8trak and Plim have mentioned this and out of sheer boredom started looking into a bike packing trip leaving from S.F. or somewhere in Marin and riding out to Wildcat Camp in the Point Reyes National Seashore. There are 7 campsites, water supplies and restrooms. The route to Wildcat is easily accessible by bikes.

Ride to camp Saturday, camp over, ride back Sunday. Mileage to and from depends on departure point. But thinking leaving from Marin Headlands.
*
Wildcat Camp* is located in an open meadow on a bluff overlooking the ocean with a short walk to the beach and a 3.2 kilometer (2.0 miles) round-trip walk to Alamere Falls. It is a 10 kilometer (6.3 miles) hike from Bear Valley or an 8.8 kilometer (5.5 miles) hike on the Coast Trail from Palomarin with access to Bass Lake. The only bicyling route is via a strenuous 10.7 kilometer (6.7 miles) ride along the Stewart Trail from the Five Brooks Trailhead. Five individual sites and three group sites; three of the individual sites only hold up to four people.

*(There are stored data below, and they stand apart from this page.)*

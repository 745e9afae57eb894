-- ===== src/Msgpack/Encode.antt =====
-- The encoder: `encode_value` and the functions below it.
use Prim.Native.Nat.{bit_or}
use tarwyn.Base.{
  ℕ, ◌-◌, ◌%◌, ◌^◌, Bool, List, [], ◌∷◌, ◌++◌, leb, Text, utf8, length, if◌then◌else◌,
}
use tarwyn.Base.Bytes.{Bytes, to_be}
use tarwyn.Base.Int.{ℤ, pos, negsuc, to_word, fits}
use tarwyn.Base.Outcome.{Result, ok, err, ◌>>=◌}
use tarwyn.Msgpack.{Error, out_of_range}
use tarwyn.Value.{
  Value, int8, int16, int32, int64, uint8, uint16, uint32, uint64, float, double, string, bool,
  bytes, int8_array, int16_array, int32_array, int64_array, uint8_array, uint16_array, uint32_array,
  uint64_array, float_array, double_array, string_array, bool_array, bytes_list, coordinate, bezier,
}

abbrev pub Written : Type 0
Written = Result Error Bytes

unfoldable pub encode_array_header : ℕ → Written
encode_array_header len =
    if leb len 0x0f
    then ok (bit_or 0x90 (len % 256) ∷ [])
    else if leb len 0xffff
    then ok (0xdc ∷ to_be 2 len)
    else if leb len (2 ^ 32 - 1)
    then ok (0xdd ∷ to_be 4 len)
    else err (out_of_range (utf8 "array length"))

-- `(0..=0x7f).contains(&x)` and `(-32..=-1).contains(&x)`
abbrev is_fixint : ℤ → Bool
is_fixint (pos n) = leb n 0x7f
is_fixint (negsuc n) = leb n 31

unfoldable pub encode_i64 : ℤ → Bytes
encode_i64 x =
    if is_fixint x
    then to_word 8 x ∷ []
    else if fits 7 x
    then 0xd0 ∷ to_word 8 x ∷ []
    else if fits 15 x
    then 0xd1 ∷ to_be 2 (to_word 16 x)
    else if fits 31 x
    then 0xd2 ∷ to_be 4 (to_word 32 x)
    else 0xd3 ∷ to_be 8 (to_word 64 x)

unfoldable pub encode_uint : ℕ → Bytes
encode_uint x = if leb x (2 ^ 63 - 1) then encode_i64 (pos x) else 0xcf ∷ to_be 8 x

unfoldable pub encode_str : Text → Written
encode_str s =
    let len = length s in
    if leb len 0x1f
    then ok (bit_or 0xa0 (len % 256) ∷ s)
    else if leb len 0xff
    then ok (0xd9 ∷ len % 256 ∷ s)
    else if leb len 0xffff
    then ok (0xda ∷ (to_be 2 len ++ s))
    else if leb len (2 ^ 32 - 1)
    then ok (0xdb ∷ (to_be 4 len ++ s))
    else err (out_of_range (utf8 "string length"))

unfoldable pub encode_bin : Bytes → Written
encode_bin b =
    let len = length b in
    if leb len 0xff
    then ok (0xc4 ∷ len % 256 ∷ b)
    else if leb len 0xffff
    then ok (0xc5 ∷ (to_be 2 len ++ b))
    else if leb len (2 ^ 32 - 1)
    then ok (0xc6 ∷ (to_be 4 len ++ b))
    else err (out_of_range (utf8 "bin length"))

abbrev pub bool_byte : Bool → ℕ
bool_byte b = if b then 0xc3 else 0xc2

-- The scalars that an array element can be, each by its own arm of `encode_value`.
unfoldable pub encode_float : ℕ → Bytes
encode_float x = 0xca ∷ to_be 4 x

unfoldable pub encode_double : ℕ → Bytes
encode_double x = 0xcb ∷ to_be 8 x

-- The loop of `encode_typed_array`, over the encoder of one element.
unfoldable pub encode_each {ℓ} : {A : Type ℓ} → (A → Written) → List A → Written
encode_each f [] = ok []
encode_each f (x ∷ xs) = do head ← f x; rest ← encode_each f xs; ok (head ++ rest)

unfoldable pub encode_typed_array {ℓ} : {A : Type ℓ} → (A → Written) → List A → Written
encode_typed_array f xs = do
  header ← encode_array_header (length xs)
  items ← encode_each f xs
  ok (header ++ items)

unfoldable pub encode_value : Value → Written
encode_value (int8 x) = ok (encode_i64 x)
encode_value (int16 x) = ok (encode_i64 x)
encode_value (int32 x) = ok (encode_i64 x)
encode_value (int64 x) = ok (encode_i64 x)
encode_value (uint8 x) = ok (encode_uint x)
encode_value (uint16 x) = ok (encode_uint x)
encode_value (uint32 x) = ok (encode_uint x)
encode_value (uint64 x) = ok (encode_uint x)
encode_value (float x) = ok (encode_float x)
encode_value (double x) = ok (encode_double x)
encode_value (string s) = encode_str s
encode_value (bool b) = ok (bool_byte b ∷ [])
encode_value (bytes b) = encode_bin b
encode_value (int8_array xs) = encode_typed_array (λ x. ok (encode_i64 x)) xs
encode_value (int16_array xs) = encode_typed_array (λ x. ok (encode_i64 x)) xs
encode_value (int32_array xs) = encode_typed_array (λ x. ok (encode_i64 x)) xs
encode_value (int64_array xs) = encode_typed_array (λ x. ok (encode_i64 x)) xs
encode_value (uint8_array xs) = encode_typed_array (λ x. ok (encode_uint x)) xs
encode_value (uint16_array xs) = encode_typed_array (λ x. ok (encode_uint x)) xs
encode_value (uint32_array xs) = encode_typed_array (λ x. ok (encode_uint x)) xs
encode_value (uint64_array xs) = encode_typed_array (λ x. ok (encode_uint x)) xs
encode_value (float_array xs) = encode_typed_array (λ x. ok (encode_float x)) xs
encode_value (double_array xs) = encode_typed_array (λ x. ok (encode_double x)) xs
encode_value (string_array xs) = encode_typed_array encode_str xs
encode_value (bool_array xs) = encode_typed_array (λ b. ok (bool_byte b ∷ [])) xs
encode_value (bytes_list b) = encode_bin b
encode_value (coordinate b) = encode_bin b
encode_value (bezier b) = encode_bin b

Link to campgrounds page: http://www.nps.gov/pore/planyourvisit/campgrounds.htm

Any interest? Or thoughts?

Thinking weekend in late August or early September. Not sure on how to carry gear either yet, but seen other post(s).


----------



## EBrider (Aug 3, 2004)

Sounds interesting. The way we lroll though it would be difficult to haul enough beer without a few of these.


----------



## slide mon (Jul 18, 2005)

Hey Ryan, 

I'm planning a similar bikepacking trip to Coast Camp on Pt Reyes, but we're starting from the Hostel and towing along a three year old. Wildcat Camp is alot nicer, but that hill's a grunt, isn't it? We might change our plans and join you if you've got room in your trailer for a 39 pound girl and a stuffed dog. ;-)

-slide


----------



## Ryan G. (Aug 13, 2004)

Nice little contraption! I figure ditch the tent in favor of beer?

Slide. The hostel would be a nice place to stay, with all the cool things by for your daughter.


----------



## 8Trak (Jan 20, 2004)

the last time I checked campsites, things were pretty much booked everywhere nearby all through summer (for online reservations). Not sure about Pt. Reyes, but you never know.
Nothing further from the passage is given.